Find and return every line of the data that contains the word "zero".

[GIVEN ENTRIES Boundary: Start]

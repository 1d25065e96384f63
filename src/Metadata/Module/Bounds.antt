-- ===== src/Metadata/Module/Bounds.antt =====
-- What `parse_root_metadata` of src/corex_metadata.c reads fits the arrays and the integers of
-- include/internal/corex_metadata.h.
use x_remote_runtime.Prelude.{
  ℕ, zero, suc, ◌^◌, ◌≤◌, ◌<◌, ◌≡◌, refl, arith, List, All, length, ◌==◌,
}
use x_remote_runtime.Bytes.{accept}
use x_remote_runtime.Bytes.Ensures.{Ensures, bind-Ensures, check-Ensures}
use x_remote_runtime.Metadata.Text.{codes, c_string, same_bytes, strcmp_equal}
use x_remote_runtime.Metadata.Reader.{mp_read_map_len}
use x_remote_runtime.Metadata.Reader.Bounds.{From, mp_read_map_len-ReadsOn}
use x_remote_runtime.Metadata.Module.{
  ArgMeta, KernelMeta, ModuleMeta, blank_arg, blank_kernel, blank_module, parse_arg_kind, max_args,
  max_kernels, arg_field, parse_arg, kernel_field, parse_kernel, set_version, read_version,
  root_field, parse_root_metadata, read_fields,
}
use x_remote_runtime.Metadata.Module.Fields.{
  Yields, if-Yields, stop-Yields, string-Yields, uint64-Yields, array-Yields, map-Yields,
  set_string-Yields, set_word-Yields, set_checked-Yields, set_entries-Yields, skip_field-Yields,
  read_fields-Yields,
}

-- Each char array has room for a NUL behind what it holds.
pub record IsArg (a : ArgMeta) : Type 0 where
  pub name : length a.name < 64
  pub offset : a.offset < 2 ^ 32
  pub size : a.size < 2 ^ 32
  pub kind : a.kind ≡ parse_arg_kind a.value_kind
  pub value_kind : length a.value_kind < 32
  pub address_space : length a.address_space < 32

pub record IsKernel (k : KernelMeta) : Type 0 where
  pub name : length k.name < 128
  pub symbol : length k.symbol < 128
  pub kernarg_segment_align : k.kernarg_segment_align < 2 ^ 32
  pub kernarg_segment_size : k.kernarg_segment_size < 2 ^ 32
  pub warp_size : k.warp_size < 2 ^ 32
  pub argc : length k.args ≤ max_args
  pub args : All IsArg k.args

pub record IsModule (m : ModuleMeta) : Type 0 where
  pub version_major : m.version_major < 2 ^ 32
  pub version_minor : m.version_minor < 2 ^ 32
  pub kernel_count : length m.kernels ≤ max_kernels
  pub kernels : All IsKernel m.kernels

blank_arg-IsArg : IsArg blank_arg
unfolding parse_arg_kind strcmp_equal c_string same_bytes
blank_arg-IsArg = record {
  name = omega arith;
  offset = omega arith;
  size = omega arith;
  kind = refl;
  value_kind = omega arith;
  address_space = omega arith;
}

blank_kernel-IsKernel : IsKernel blank_kernel
blank_kernel-IsKernel = record {
  name = omega arith;
  symbol = omega arith;
  kernarg_segment_align = omega arith;
  kernarg_segment_size = omega arith;
  warp_size = omega arith;
  argc = omega arith;
  args = tt;
}

blank_module-IsModule : IsModule blank_module
blank_module-IsModule = record {
  version_major = omega arith;
  version_minor = omega arith;
  kernel_count = omega arith;
  kernels = tt;
}

module _ (bytes : List ℕ) where
  arg_field-Yields :
      (arg : ArgMeta) (pos : ℕ)
      → IsArg arg
      → pos ≤ length bytes
      → Yields bytes IsArg pos (arg_field bytes arg pos)
  unfolding arg_field
  arg_field-Yields arg pos good h = string-Yields bytes IsArg 64 pos _ h λ key p _ h'.
      if-Yields bytes IsArg (strcmp_equal key (codes ".name")) p _ _
        (set_string-Yields bytes IsArg 64 p (λ s. record arg { name = s }) h' λ s short. search)
        (if-Yields bytes IsArg (strcmp_equal key (codes ".offset")) p _ _
          (set_checked-Yields bytes IsArg p (λ v. record arg { offset = v }) h' λ v small. search)
          (if-Yields bytes IsArg (strcmp_equal key (codes ".size")) p _ _
            (set_checked-Yields bytes IsArg p (λ v. record arg { size = v }) h' λ v small. search)
            (if-Yields bytes IsArg (strcmp_equal key (codes ".value_kind")) p _ _
              (set_string-Yields bytes IsArg 32 p
                (λ s. record arg { value_kind = s; kind = parse_arg_kind s }) h' λ s short. search)
              (if-Yields bytes IsArg (strcmp_equal key (codes ".address_space")) p _ _
                (set_string-Yields bytes IsArg 32 p (λ s. record arg { address_space = s }) h'
                  λ s short. search)
                (skip_field-Yields bytes IsArg arg p good h')))))

  parse_arg-Yields : (pos : ℕ) → pos ≤ length bytes → Yields bytes IsArg pos (parse_arg bytes pos)
  unfolding parse_arg
  parse_arg-Yields pos h = map-Yields bytes IsArg pos _ h λ fields p h'.
      read_fields-Yields bytes IsArg fields (arg_field bytes) blank_arg p arg_field-Yields
        blank_arg-IsArg h'

  kernel_field-Yields :
      (kernel : KernelMeta) (pos : ℕ)
      → IsKernel kernel
      → pos ≤ length bytes
      → Yields bytes IsKernel pos (kernel_field bytes kernel pos)
  unfolding kernel_field
  kernel_field-Yields kernel pos good h = string-Yields bytes IsKernel 96 pos _ h λ key p _ h'.
      if-Yields bytes IsKernel (strcmp_equal key (codes ".name")) p _ _
        (set_string-Yields bytes IsKernel 128 p (λ s. record kernel { name = s }) h'
          λ s short. search)
        (if-Yields bytes IsKernel (strcmp_equal key (codes ".symbol")) p _ _
          (set_string-Yields bytes IsKernel 128 p (λ s. record kernel { symbol = s }) h'
            λ s short. search)
          (if-Yields bytes IsKernel (strcmp_equal key (codes ".kernarg_segment_align")) p _ _
            (set_word-Yields bytes IsKernel p (λ v. record kernel { kernarg_segment_align = v }) h'
              λ v small. search)
            (if-Yields bytes IsKernel (strcmp_equal key (codes ".kernarg_segment_size")) p _ _
              (set_word-Yields bytes IsKernel p (λ v. record kernel { kernarg_segment_size = v }) h'
                λ v small. search)
              (if-Yields bytes IsKernel (strcmp_equal key (codes ".warp_size")) p _ _
                (set_word-Yields bytes IsKernel p (λ v. record kernel { warp_size = v }) h'
                  λ v small. search)
                (if-Yields bytes IsKernel (strcmp_equal key (codes ".args")) p _ _
                  (set_entries-Yields bytes IsKernel IsArg max_args (parse_arg bytes) p
                    (λ entries. record kernel { args = entries }) h' parse_arg-Yields
                    λ entries few all. search)
                  (skip_field-Yields bytes IsKernel kernel p good h'))))))

  parse_kernel-Yields :
      (pos : ℕ) → pos ≤ length bytes → Yields bytes IsKernel pos (parse_kernel bytes pos)
  unfolding parse_kernel
  parse_kernel-Yields pos h = map-Yields bytes IsKernel pos _ h λ fields p h'.
      read_fields-Yields bytes IsKernel fields (kernel_field bytes) blank_kernel p
        kernel_field-Yields blank_kernel-IsKernel h'

  set_version-IsModule : (j v : ℕ) (m : ModuleMeta) → IsModule m → IsModule (set_version j v m)
  unfolding set_version
  set_version-IsModule zero v m good = search arith
  set_version-IsModule (suc zero) v m good = search arith
  set_version-IsModule (suc (suc j)) v m good = good

  read_version-Yields :
      (j n : ℕ) (m : ModuleMeta) (pos : ℕ)
      → IsModule m
      → pos ≤ length bytes
      → Yields bytes IsModule pos (read_version bytes j n m pos)
  unfolding read_version
  read_version-Yields j zero m pos good h = stop-Yields bytes IsModule m pos good h
  read_version-Yields j (suc n) m pos good h = uint64-Yields bytes IsModule pos _ h λ v p h'.
      read_version-Yields (suc j) n (set_version j v m) p (set_version-IsModule j v m good) h'

  root_field-Yields :
      (m : ModuleMeta) (pos : ℕ)
      → IsModule m
      → pos ≤ length bytes
      → Yields bytes IsModule pos (root_field bytes m pos)
  unfolding root_field
  root_field-Yields m pos good h = string-Yields bytes IsModule 96 pos _ h λ key p _ h'.
      if-Yields bytes IsModule (strcmp_equal key (codes "iluvatar.kernels")) p _ _
        (set_entries-Yields bytes IsModule IsKernel max_kernels (parse_kernel bytes) p
          (λ entries. record m { kernels = entries }) h' parse_kernel-Yields
          λ entries few all. search)
        (if-Yields bytes IsModule (strcmp_equal key (codes "iluvatar.version")) p _ _
          (array-Yields bytes IsModule p _ h'
            λ count q h''. read_version-Yields 0 count m q good h'')
          (skip_field-Yields bytes IsModule m p good h'))

  pub parse_root_metadata-Ensures : Ensures IsModule (parse_root_metadata bytes)
  unfolding parse_root_metadata
  parse_root_metadata-Ensures =
      bind-Ensures IsModule (λ r. From bytes 1 r.1) (mp_read_map_len bytes 0) _
        (mp_read_map_len-ReadsOn bytes 0 (omega arith))
        λ (fields, p) (low, high).
          bind-Ensures IsModule (λ r. IsModule r.0 × From bytes p r.1)
            (read_fields fields (root_field bytes) blank_module p) _
            (read_fields-Yields bytes IsModule fields (root_field bytes) blank_module p
              root_field-Yields blank_module-IsModule high)
            λ (m, q) (good, _). check-Ensures IsModule (q == length bytes) (accept m) λ _. good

[GIVEN ENTRIES Boundary: End]

• SOLUTION TO THIS TASK
  ℕ, zero, suc, ◌^◌, ◌≤◌, ◌<◌, ◌≡◌, refl, arith, List, All, length, ◌==◌,
  set_version-IsModule zero v m good = search arith
  set_version-IsModule (suc zero) v m good = search arith
  read_version-Yields j zero m pos good h = stop-Yields bytes IsModule m pos good h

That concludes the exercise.